As soon as the line containing "field (str v.route_id)" appears in the material below, start returning lines exactly, and end with the line containing "features_drawn lib floats".

Content starts

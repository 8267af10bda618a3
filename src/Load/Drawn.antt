-- ===== src/Load/Drawn.antt =====
-- Which layers draw a feature of a map with vehicles, at a zoom.
pub mod Vehicles
pub mod Stops
pub mod Together
use simply_transport.Common.{
  ℕ, leb, Option, none, some, Text, units, Bool, List, [], ◌∷◌, ◌++◌, true, false, not, ◌&&◌, ◌||◌,
  ◌≡◌, ◌≢◌, refl, sym, ap, ◌∙◌, if◌then◌else◌, text_eq, text_eq_iff, text_eq_refl, All, arith,
  Bool-cases, inl, inr, ◌⊎◌, append-nil,
}
use simply_transport.Js.Values.{Field, undefined, null, str}
use simply_transport.Js.Floats.{Floats}
use simply_transport.Popup.Dates.{Dates}
use simply_transport.Popup.Builders.{MapStop}
use simply_transport.Shared.Visibility.{listed}
use simply_transport.Shared.Bearing.{Point}
use simply_transport.Shared.Pulse.{vehicle_pulse_is_active}
use simply_transport.Features.{
  StopFeature, stop_feature, Vehicle, VehicleFeature, vehicle_feature, Property, field, flag, other,
  stop_properties, vehicle_properties,
}
use simply_transport.Panel.Agency.Consistent.{Distinct}
use simply_transport.Panel.Stop.Apart.{text_eq_sym}
use simply_transport.Panel.Route.{
  line_id, stops_id, stops_labels_id, vehicle_pulse_id, vehicle_id, vehicle_labels_id,
}
use simply_transport.Load.{
  Call, add_source, add_layer, line, circle, symbol, Filter, every, text_is, flag_is, all_of,
  of_route, pulsing_of_route, in_focus, line_calls, vehicle_calls, stop_label_calls, load_stop_map,
  load_route_map,
}

abbrev pub is_text : Text → Property → Bool
is_text t (field (str s)) = text_eq s t
is_text t _ = false

abbrev pub is_flag : Bool → Property → Bool
is_flag true (flag b) = b
is_flag false (flag b) = not b
is_flag c _ = false

-- The map library's filters, and what its documentation says of them.
pub record Filters : Type 0 where
  pub matches : Filter → (Text → Property) → Bool
  pub every_matches : (ps : Text → Property) → matches every ps ≡ true
  pub text_matches :
      (k t : Text) (ps : Text → Property) → matches (text_is k t) ps ≡ is_text t (ps k)
  pub flag_matches :
      (k : Text) (b : Bool) (ps : Text → Property) → matches (flag_is k b) ps ≡ is_flag b (ps k)
  pub all_matches :
      (f g : Filter) (ps : Text → Property)
      → matches (all_of f g) ps ≡ (matches f ps && matches g ps)

-- A layer without a `minzoom` draws at every zoom; `zoom` is the map's, rounded down.
abbrev pub at_zoom : ℕ → Option ℕ → Bool
at_zoom zoom none = true
at_zoom zoom (some min_zoom) = leb min_zoom zoom

module _ (lib : Filters) (zoom : ℕ) (src : Text) (ps : Text → Property) where
  open lib use {matches}

  -- The layers that draw a feature of the source, from the lowest to the topmost.
  unfoldable pub drawn : List Call → List Text
  drawn [] = []
  drawn (add_source id ∷ calls) = drawn calls
  drawn (add_layer id s kind filter min_zoom ∷ calls) =
      let rest = drawn calls in
      if text_eq s src && (at_zoom zoom min_zoom && matches filter ps) then id ∷ rest else rest

-- The layers of a route's vehicle.
abbrev pub vehicle_layers : Bool → Text → List Text
vehicle_layers pulses id =
    (if pulses then (units "vehicle-pulse-" ++ id) ∷ [] else [])
    ++ (units "vehicle-" ++ id) ∷ (units "vehicle-label-" ++ id) ∷ []

-- Those of a route map.
abbrev pub main_layers : Bool → List Text
main_layers pulses =
    (if pulses then vehicle_pulse_id ∷ [] else []) ++ vehicle_id ∷ vehicle_labels_id ∷ []

-- The circle of a stop, and its label where the zoom is near enough.
abbrev pub stop_layers : Bool → Bool → List Text
stop_layers near focus =
    if focus
    then units "stops-focus" ∷ (if near then units "stops-labels-focus" ∷ [] else [])
    else units "stops-other" ∷ (if near then units "stops-labels-other" ∷ [] else [])
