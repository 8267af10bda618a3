-- ===== src/Load/Drawn/Stops.antt =====
-- Which layers of a stop map draw a stop.
use simply_transport.Common.{
  ℕ, leb, Text, units, Bool, List, [], ◌∷◌, ◌++◌, true, false, not, ◌&&◌, ◌≡◌, refl, ap, ◌∙◌,
  if◌then◌else◌, text_eq, text_eq_refl,
}
use simply_transport.Features.{Property, flag}
use simply_transport.Load.{
  Call, add_source, in_focus, line_calls, vehicle_calls, stop_label_calls, load_stop_map,
}
use simply_transport.Load.Drawn.{is_flag, Filters, drawn, stop_layers}

module _ (lib : Filters) (zoom : ℕ) (ps : Text → Property) (focus : Bool)
    (a : ps (units "is_focus") ≡ flag focus) where
  open lib use {matches, flag_matches}

  abbrev shown : List Call → List Text
  shown calls = drawn lib zoom (units "stops-src") ps calls

  focus-matches : matches (in_focus true) ps ≡ focus
  focus-matches = flag_matches (units "is_focus") true ps ∙ ap (is_flag true) a

  other-matches : matches (in_focus false) ps ≡ not focus
  other-matches = flag_matches (units "is_focus") false ps ∙ ap (is_flag false) a

  route_lines-skipped :
      (ids : List Text) (calls : List Call) → shown (line_calls ids ++ calls) ≡ shown calls
  unfolding drawn line_calls text_eq units
  route_lines-skipped [] calls = refl
  route_lines-skipped (id ∷ ids) calls = route_lines-skipped ids calls

  vehicles-skipped :
      (ids : List Text) (calls : List Call) → shown (vehicle_calls ids ++ calls) ≡ shown calls
  unfolding drawn vehicle_calls text_eq units
  vehicles-skipped [] calls = refl
  vehicles-skipped (id ∷ ids) calls = vehicles-skipped ids calls

  upper-skipped :
      (has_vehicles : Bool) (ids : List Text)
      → shown (
          if has_vehicles
          then add_source (units "vehicles-src") ∷ (vehicle_calls ids ++ stop_label_calls)
          else stop_label_calls)
        ≡ shown stop_label_calls
  unfolding drawn
  upper-skipped true ids = vehicles-skipped ids stop_label_calls
  upper-skipped false ids = refl

  abbrev near : Bool
  near = leb 15 zoom

  abbrev labels : List Text
  labels =
      if near
      then (if focus then units "stops-labels-focus" ∷ [] else units "stops-labels-other" ∷ [])
      else []

  labels-shown : shown stop_label_calls ≡ labels
  unfolding drawn stop_label_calls
  labels-shown = rw (text_eq_refl (units "stops-src"), focus-matches, other-matches) (go near focus)
    where
      go :
          (near focus : Bool)
          → (if near && focus
              then units "stops-labels-focus"
                ∷ (if near && not focus then units "stops-labels-other" ∷ [] else [])
              else (if near && not focus then units "stops-labels-other" ∷ [] else []))
            ≡ (if near
                then (if focus
                    then units "stops-labels-focus" ∷ []
                    else units "stops-labels-other" ∷ [])
                else [])
      go true true = refl
      go true false = refl
      go false focus = refl

  pub stops-shown :
      (has_vehicles : Bool) (ids : List Text)
      → shown (load_stop_map has_vehicles ids) ≡ stop_layers near focus
  unfolding load_stop_map drawn
  stops-shown has_vehicles ids =
      route_lines-skipped ids _
      ∙ rw
          (
            text_eq_refl (units "stops-src"),
            focus-matches,
            other-matches,
            upper-skipped has_vehicles ids,
            labels-shown,
          )
          (go near focus)
    where
      circles : Bool → List Text → List Text
      circles focus rest =
          if not focus
          then units "stops-other" ∷ (if focus then units "stops-focus" ∷ rest else rest)
          else (if focus then units "stops-focus" ∷ rest else rest)

      go :
          (near focus : Bool)
          → circles focus (
              if near
              then (if focus
                  then units "stops-labels-focus" ∷ []
                  else units "stops-labels-other" ∷ [])
              else [])
            ≡ stop_layers near focus
      go true true = refl
      go true false = refl
      go false true = refl
      go false false = refl
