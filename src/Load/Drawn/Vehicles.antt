-- ===== src/Load/Drawn/Vehicles.antt =====
-- Which layers draw a vehicle.
use simply_transport.Common.{
  ℕ, none, some, Text, units, Bool, List, [], ◌∷◌, ◌++◌, true, false, ◌&&◌, ◌≡◌, ◌≢◌, refl, ap, ◌∙◌,
  if◌then◌else◌, text_eq, text_eq_iff, text_eq_refl, All, Bool-cases, inl, inr, append-nil,
}
use simply_transport.Js.Values.{str}
use simply_transport.Shared.Visibility.{listed}
use simply_transport.Features.{Property, field, flag}
use simply_transport.Panel.Agency.Consistent.{Distinct}
use simply_transport.Panel.Stop.Apart.{text_eq_sym}
use simply_transport.Panel.Route.{
  line_id, stops_id, stops_labels_id, vehicle_pulse_id, vehicle_id, vehicle_labels_id,
}
use simply_transport.Load.{
  stop_label_min_zoom, Call, add_source, add_layer, line, circle, symbol, every, flag_is, of_route,
  pulsing_of_route, in_focus, line_calls, vehicle_calls, stop_label_calls, load_stop_map,
  load_route_map,
}
use simply_transport.Load.Drawn.{is_text, Filters, drawn, vehicle_layers, main_layers}

unlisted : (id : Text) (ids : List Text) → All (λ j. j ≢ id) ids → listed id ids ≡ false
unlisted id [] h = refl
unlisted id (j ∷ ids) (h, hs) = elim (Bool-cases (text_eq j id)) [
  | inl same ↦ absurd (h ((text_eq_iff j id).0 same))
  | inr differs ↦ rw differs (unlisted id ids hs)
]

module _ (lib : Filters) (zoom : ℕ) (ps : Text → Property) (route : Text) (pulses : Bool)
    (r : ps (units "route_id") ≡ field (str route))
    (a : ps (units "pulse_active") ≡ flag pulses) where
  open lib use {matches, text_matches, flag_matches, all_matches}

  route-matches : (id : Text) → matches (of_route id) ps ≡ text_eq route id
  route-matches id = text_matches (units "route_id") id ps ∙ ap (is_text id) r

  pulse-matches : (id : Text) → matches (pulsing_of_route id) ps ≡ (text_eq route id && pulses)
  pulse-matches id =
      rw
        (
          all_matches (of_route id) (flag_is (units "pulse_active") true) ps,
          route-matches id,
          flag_matches (units "pulse_active") true ps,
          a,
        )
        refl

  abbrev draws : List Call → List Text
  draws calls = drawn lib zoom (units "vehicles-src") ps calls

  -- The three layers of a route, under these ids.
  route-drawn :
      (id x y z : Text) (calls : List Call)
      → draws (
          add_layer x (units "vehicles-src") circle (pulsing_of_route id) none
          ∷ add_layer y (units "vehicles-src") symbol (of_route id) none
          ∷ add_layer z (units "vehicles-src") symbol (of_route id) none
          ∷ calls)
        ≡ (if text_eq route id then (if pulses then x ∷ [] else []) ++ y ∷ z ∷ [] else [])
          ++ draws calls
  unfolding drawn
  route-drawn id x y z calls =
      rw (text_eq_refl (units "vehicles-src"), pulse-matches id, route-matches id)
        (go (text_eq route id) pulses)
    where
      go :
          (same pulses : Bool)
          → (if same && pulses
              then x
                ∷ (if same
                    then y ∷ (if same then z ∷ draws calls else draws calls)
                    else (if same then z ∷ draws calls else draws calls))
              else (if same
                  then y ∷ (if same then z ∷ draws calls else draws calls)
                  else (if same then z ∷ draws calls else draws calls)))
            ≡ (if same then (if pulses then x ∷ [] else []) ++ y ∷ z ∷ [] else []) ++ draws calls
      go true true = refl
      go true false = refl
      go false pulses = refl

  vehicles-drawn :
      (ids : List Text) (calls : List Call)
      → Distinct ids
      → draws (vehicle_calls ids ++ calls)
        ≡ (if listed route ids then vehicle_layers pulses route else []) ++ draws calls
  unfolding vehicle_calls
  vehicles-drawn [] calls d = refl
  vehicles-drawn (id ∷ ids) calls (d, ds) = elim (Bool-cases (text_eq route id)) [
    | inl same ↦
        let e : route ≡ id = (text_eq_iff route id).0 same in
        let off : listed route ids ≡ false = rw (← e) at (unlisted id ids d) in
        route-drawn id _ _ _ (vehicle_calls ids ++ calls)
        ∙ rw (← e, text_eq_refl route, vehicles-drawn ids calls ds, off) refl
    | inr differs ↦
        route-drawn id _ _ _ (vehicle_calls ids ++ calls)
        ∙ rw (text_eq_sym id route, differs) (vehicles-drawn ids calls ds)
  ]

  -- No layer of the lines or of the stops draws a vehicle.
  lines-skipped :
      (ids : List Text) (calls : List Call) → draws (line_calls ids ++ calls) ≡ draws calls
  unfolding drawn line_calls text_eq units
  lines-skipped [] calls = refl
  lines-skipped (id ∷ ids) calls = lines-skipped ids calls

  stops-skipped :
      (calls : List Call)
      → draws (
          add_layer (units "stops-other") (units "stops-src") circle (in_focus false) none
          ∷ add_layer (units "stops-focus") (units "stops-src") circle (in_focus true) none
          ∷ add_source (units "vehicles-src")
          ∷ calls)
        ≡ draws calls
  unfolding drawn text_eq units
  stops-skipped calls = refl

  labels-skipped : draws stop_label_calls ≡ []
  unfolding drawn stop_label_calls text_eq units
  labels-skipped = refl

  pub stop_map-drawn :
      (ids : List Text)
      → Distinct ids
      → draws (load_stop_map true ids)
        ≡ (if listed route ids then vehicle_layers pulses route else [])
  unfolding load_stop_map drawn
  stop_map-drawn ids d =
      lines-skipped ids _
      ∙ stops-skipped (vehicle_calls ids ++ stop_label_calls)
      ∙ vehicles-drawn ids stop_label_calls d
      ∙ ap (λ r. (if listed route ids then vehicle_layers pulses route else []) ++ r) labels-skipped
      ∙ append-nil _

  main-skipped :
      (calls : List Call)
      → draws (
          add_source (units "route-src-main")
          ∷ add_layer line_id (units "route-src-main") line every none
          ∷ add_source (units "stops-src")
          ∷ add_layer stops_id (units "stops-src") circle every none
          ∷ add_source (units "vehicles-src")
          ∷ calls)
        ≡ draws calls
  unfolding drawn text_eq units
  main-skipped calls = refl

  main_labels-skipped :
      draws
        (add_layer stops_labels_id (units "stops-src") symbol every (some stop_label_min_zoom) ∷ [])
      ≡ []
  unfolding drawn text_eq units
  main_labels-skipped = refl

  pub route_map-drawn :
      (id : Text)
      → draws (load_route_map true id) ≡ (if text_eq route id then main_layers pulses else [])
  unfolding load_route_map
  route_map-drawn id =
      main-skipped _
      ∙ route-drawn id vehicle_pulse_id vehicle_id vehicle_labels_id _
      ∙ ap (λ r. (if text_eq route id then main_layers pulses else []) ++ r) main_labels-skipped
      ∙ append-nil _
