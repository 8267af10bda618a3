-- ===== src/Load/Drawn/Together.antt =====
-- Features and layers together.
use simply_transport.Common.{
  ℕ, leb, Text, units, Bool, List, [], true, ◌≡◌, refl, if◌then◌else◌, text_eq,
}
use simply_transport.Js.Values.{Field, str}
use simply_transport.Js.Floats.{Floats}
use simply_transport.Popup.Dates.{Dates}
use simply_transport.Popup.Builders.{MapStop}
use simply_transport.Shared.Visibility.{listed}
use simply_transport.Shared.Bearing.{Point}
use simply_transport.Shared.Pulse.{vehicle_pulse_is_active}
use simply_transport.Features.{
  stop_feature, Vehicle, vehicle_feature, field, flag, stop_properties, vehicle_properties,
}
use simply_transport.Panel.Agency.Consistent.{Distinct}
use simply_transport.Load.{load_stop_map, load_route_map}
use simply_transport.Load.Drawn.{Filters, drawn, vehicle_layers, main_layers, stop_layers}
use simply_transport.Load.Drawn.Vehicles.{stop_map-drawn, route_map-drawn}
use simply_transport.Load.Drawn.Stops.{stops-shown}

module _ (floats : Floats) (dates : Dates) (direction : Field)
    (path : Text → List (Point floats)) where
  vehicle_route :
      (v : Vehicle floats.F)
      → vehicle_properties (vehicle_feature floats dates direction path v) (units "route_id")
        ≡ field (str v.route_id)
  unfolding vehicle_properties vehicle_feature text_eq units
  vehicle_route v = refl

  vehicle_pulse :
      (v : Vehicle floats.F)
      → vehicle_properties (vehicle_feature floats dates direction path v) (units "pulse_active")
        ≡ flag (vehicle_pulse_is_active dates v.time_of_update)
  unfolding vehicle_properties vehicle_feature text_eq units
  vehicle_pulse v = refl

stop_focus :
    {F : Type 0} (s : MapStop F)
    → stop_properties (stop_feature s) (units "is_focus") ≡ flag s.is_focus
unfolding stop_properties stop_feature text_eq units
stop_focus s = refl

-- With filters as the map library documents them: on a stop map no route of which comes twice, a vehicle is drawn by
-- the icons and the labels of its own route and, exactly if it pulses, by that route's circles, in the order of
-- painting, and not at all if it is of no route of the map; on a route map the same holds of the one route, both at any
-- zoom; and on a stop map with or without vehicles each stop is drawn by one circle, of the focus or of the others, and
-- from zoom 15 on, but not before, by one label of the same kind.
pub features_drawn :
    (lib : Filters) (floats : Floats) (dates : Dates) (direction : Field)
    (path : Text → List (Point floats)) (v : Vehicle floats.F) (s : MapStop floats.F)
    (has_vehicles : Bool) (routes : List Text) (id : Text) (zoom : ℕ)
    → Distinct routes
    → let ps = vehicle_properties (vehicle_feature floats dates direction path v) in
      let pulses = vehicle_pulse_is_active dates v.time_of_update in
      (drawn lib zoom (units "vehicles-src") ps (load_stop_map true routes)
        ≡ (if listed v.route_id routes then vehicle_layers pulses v.route_id else []))
      × (drawn lib zoom (units "vehicles-src") ps (load_route_map true id)
          ≡ (if text_eq v.route_id id then main_layers pulses else []))
      × (drawn lib zoom
            (units "stops-src")
            (stop_properties (stop_feature s))
            (load_stop_map has_vehicles routes)
          ≡ stop_layers (leb 15 zoom) s.is_focus)
features_drawn lib floats dates direction path v s has_vehicles routes id zoom d =
    let ps = vehicle_properties (vehicle_feature floats dates direction path v) in
    let pulses = vehicle_pulse_is_active dates v.time_of_update in
    let r = vehicle_route floats dates direction path v in
    let a = vehicle_pulse floats dates direction path v in
    (
      stop_map-drawn lib zoom ps v.route_id pulses r a routes d,
      route_map-drawn lib zoom ps v.route_id pulses r a id,
      stops-shown lib zoom (stop_properties (stop_feature s)) s.is_focus (stop_focus s) has_vehicles
          routes,
    )
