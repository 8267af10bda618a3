-- ===== src/Load/Loaded.antt =====
-- The map that `load` has drawn.
use simply_transport.Common.{
  Text, true, false, ◌||◌, List, [], ◌∷◌, ◌≡◌, ◌∙◌, if◌then◌else◌, text_eq, All, arith, Bool-cases,
  inl, inr,
}
use simply_transport.Shared.Visibility.{Layers, listed}
use simply_transport.Shared.Visibility.Agree.{Agree}
use simply_transport.Load.{Payload, load, layer_ids, panel_ids}
use simply_transport.Load.Panels.{Added}

-- `addLayer` on a map: the layer is there and visible, and the others stay as they are.
pub record Adding (lib : Layers) : Type 0 where
  pub empty : lib.Map
  pub add : lib.Map → Text → lib.Map
  pub none_at_first : (j : Text) → lib.has_layer empty j ≡ false
  pub has_layer-add :
      (m : lib.Map) (id j : Text) → lib.has_layer (add m id) j ≡ (text_eq id j || lib.has_layer m j)
  pub visible-add :
      (m : lib.Map) (id j : Text)
      → lib.visible (add m id) j ≡ (if text_eq id j then true else lib.visible m j)

module _ (lib : Layers) (adding : Adding lib) where
  open lib use {Map, has_layer, visible}
  open adding use {empty, add, none_at_first, has_layer-add, visible-add}

  unfoldable pub add_all : Map → List Text → Map
  add_all m [] = m
  add_all m (id ∷ ids) = add_all (add m id) ids

  -- The map with the layers of its payload.
  unfoldable pub loaded_map : Payload → Map
  loaded_map payload = add_all empty (layer_ids (load payload))

  add_all-keeps :
      (ids : List Text) (m : Map) (j : Text)
      → has_layer m j ≡ true
      → has_layer (add_all m ids) j ≡ true
  unfolding add_all
  add_all-keeps [] m j h = h
  add_all-keeps (id ∷ ids) m j h =
      add_all-keeps ids (add m id) j (let e = has_layer-add m id j in ground arith)

  add_all-has :
      (ids : List Text) (m : Map) (j : Text)
      → listed j ids ≡ true
      → has_layer (add_all m ids) j ≡ true
  unfolding add_all
  add_all-has [] m j h = absurd (ground arith)
  add_all-has (id ∷ ids) m j h = elim (Bool-cases (text_eq id j)) [
    | inl same ↦ add_all-keeps ids (add m id) j (let e = has_layer-add m id j in ground arith)
    | inr differs ↦ add_all-has ids (add m id) j (ground arith)
  ]

  -- Every layer that the map has is visible.
  abbrev pub AllShown : Map → Type 0
  AllShown m = (j : Text) → has_layer m j ≡ true → visible m j ≡ true

  add-AllShown : (m : Map) (id : Text) → AllShown m → AllShown (add m id)
  add-AllShown m id h j there =
      let e = has_layer-add m id j in
      let f = visible-add m id j in
      elim (Bool-cases (text_eq id j)) [
        | inl same ↦ ground arith
        | inr differs ↦ let k = h j (ground arith) in ground arith
      ]

  add_all-AllShown : (ids : List Text) (m : Map) → AllShown m → AllShown (add_all m ids)
  unfolding add_all
  add_all-AllShown [] m h = h
  add_all-AllShown (id ∷ ids) m h = add_all-AllShown ids (add m id) (add-AllShown m id h)

  pub loaded_map-AllShown : (payload : Payload) → AllShown (loaded_map payload)
  unfolding loaded_map
  loaded_map-AllShown payload =
      add_all-AllShown (layer_ids (load payload)) empty
        (λ j h. absurd (let e = none_at_first j in ground arith))

  pub shown-Agree : (m : Map) → AllShown m → (ids : List Text) → Agree lib m true ids
  shown-Agree m h [] = tt
  shown-Agree m h (j ∷ ids) = (h j, shown-Agree m h ids)

  pub shown_rows :
      (m : Map)
      → AllShown m
      → (ids_of : Text → List Text) (ids : List Text) → All (λ id. Agree lib m true (ids_of id)) ids
  shown_rows m h ids_of [] = tt
  shown_rows m h ids_of (id ∷ ids) = (shown-Agree m h (ids_of id), shown_rows m h ids_of ids)

  -- The layers behind the panel's boxes are there.
  abbrev pub AllThere : Map → Payload → Type 0
  AllThere m payload = All (λ j. has_layer m j ≡ true) (panel_ids payload)

  pub there :
      (payload : Payload) (m : Map)
      → ((j : Text) → has_layer m j ≡ has_layer (loaded_map payload) j)
      → (ids : List Text) → All (Added (load payload)) ids
      → All (λ j. has_layer m j ≡ true) ids
  unfolding loaded_map
  there payload m same [] h = tt
  there payload m same (j ∷ ids) (h, hs) =
      (same j ∙ add_all-has (layer_ids (load payload)) empty j h, there payload m same ids hs)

Content ends

• [Output]
        ≡ field (str v.route_id)
  unfolding vehicle_properties vehicle_feature text_eq units
  vehicle_route v = refl

  vehicle_pulse :
      (v : Vehicle floats.F)
      → vehicle_properties (vehicle_feature floats dates direction path v) (units "pulse_active")
        ≡ flag (vehicle_pulse_is_active dates v.time_of_update)
  unfolding vehicle_properties vehicle_feature text_eq units
  vehicle_pulse v = refl

stop_focus :
    {F : Type 0} (s : MapStop F)
    → stop_properties (stop_feature s) (units "is_focus") ≡ flag s.is_focus
unfolding stop_properties stop_feature text_eq units
stop_focus s = refl

-- With filters as the map library documents them: on a stop map no route of which comes twice, a vehicle is drawn by
-- the icons and the labels of its own route and, exactly if it pulses, by that route's circles, in the order of
-- painting, and not at all if it is of no route of the map; on a route map the same holds of the one route, both at any
-- zoom; and on a stop map with or without vehicles each stop is drawn by one circle, of the focus or of the others, and
-- from zoom 15 on, but not before, by one label of the same kind.
pub features_drawn :
    (lib : Filters) (floats : Floats) (dates : Dates) (direction : Field)
    (path : Text → List (Point floats)) (v : Vehicle floats.F) (s : MapStop floats.F)
    (has_vehicles : Bool) (routes : List Text) (id : Text) (zoom : ℕ)
    → Distinct routes
    → let ps = vehicle_properties (vehicle_feature floats dates direction path v) in
      let pulses = vehicle_pulse_is_active dates v.time_of_update in
      (drawn lib zoom (units "vehicles-src") ps (load_stop_map true routes)
        ≡ (if listed v.route_id routes then vehicle_layers pulses v.route_id else []))
      × (drawn lib zoom (units "vehicles-src") ps (load_route_map true id)
          ≡ (if text_eq v.route_id id then main_layers pulses else []))
      × (drawn lib zoom
            (units "stops-src")
            (stop_properties (stop_feature s))
            (load_stop_map has_vehicles routes)
          ≡ stop_layers (leb 15 zoom) s.is_focus)
features_drawn lib floats dates direction path v s has_vehicles routes id zoom d =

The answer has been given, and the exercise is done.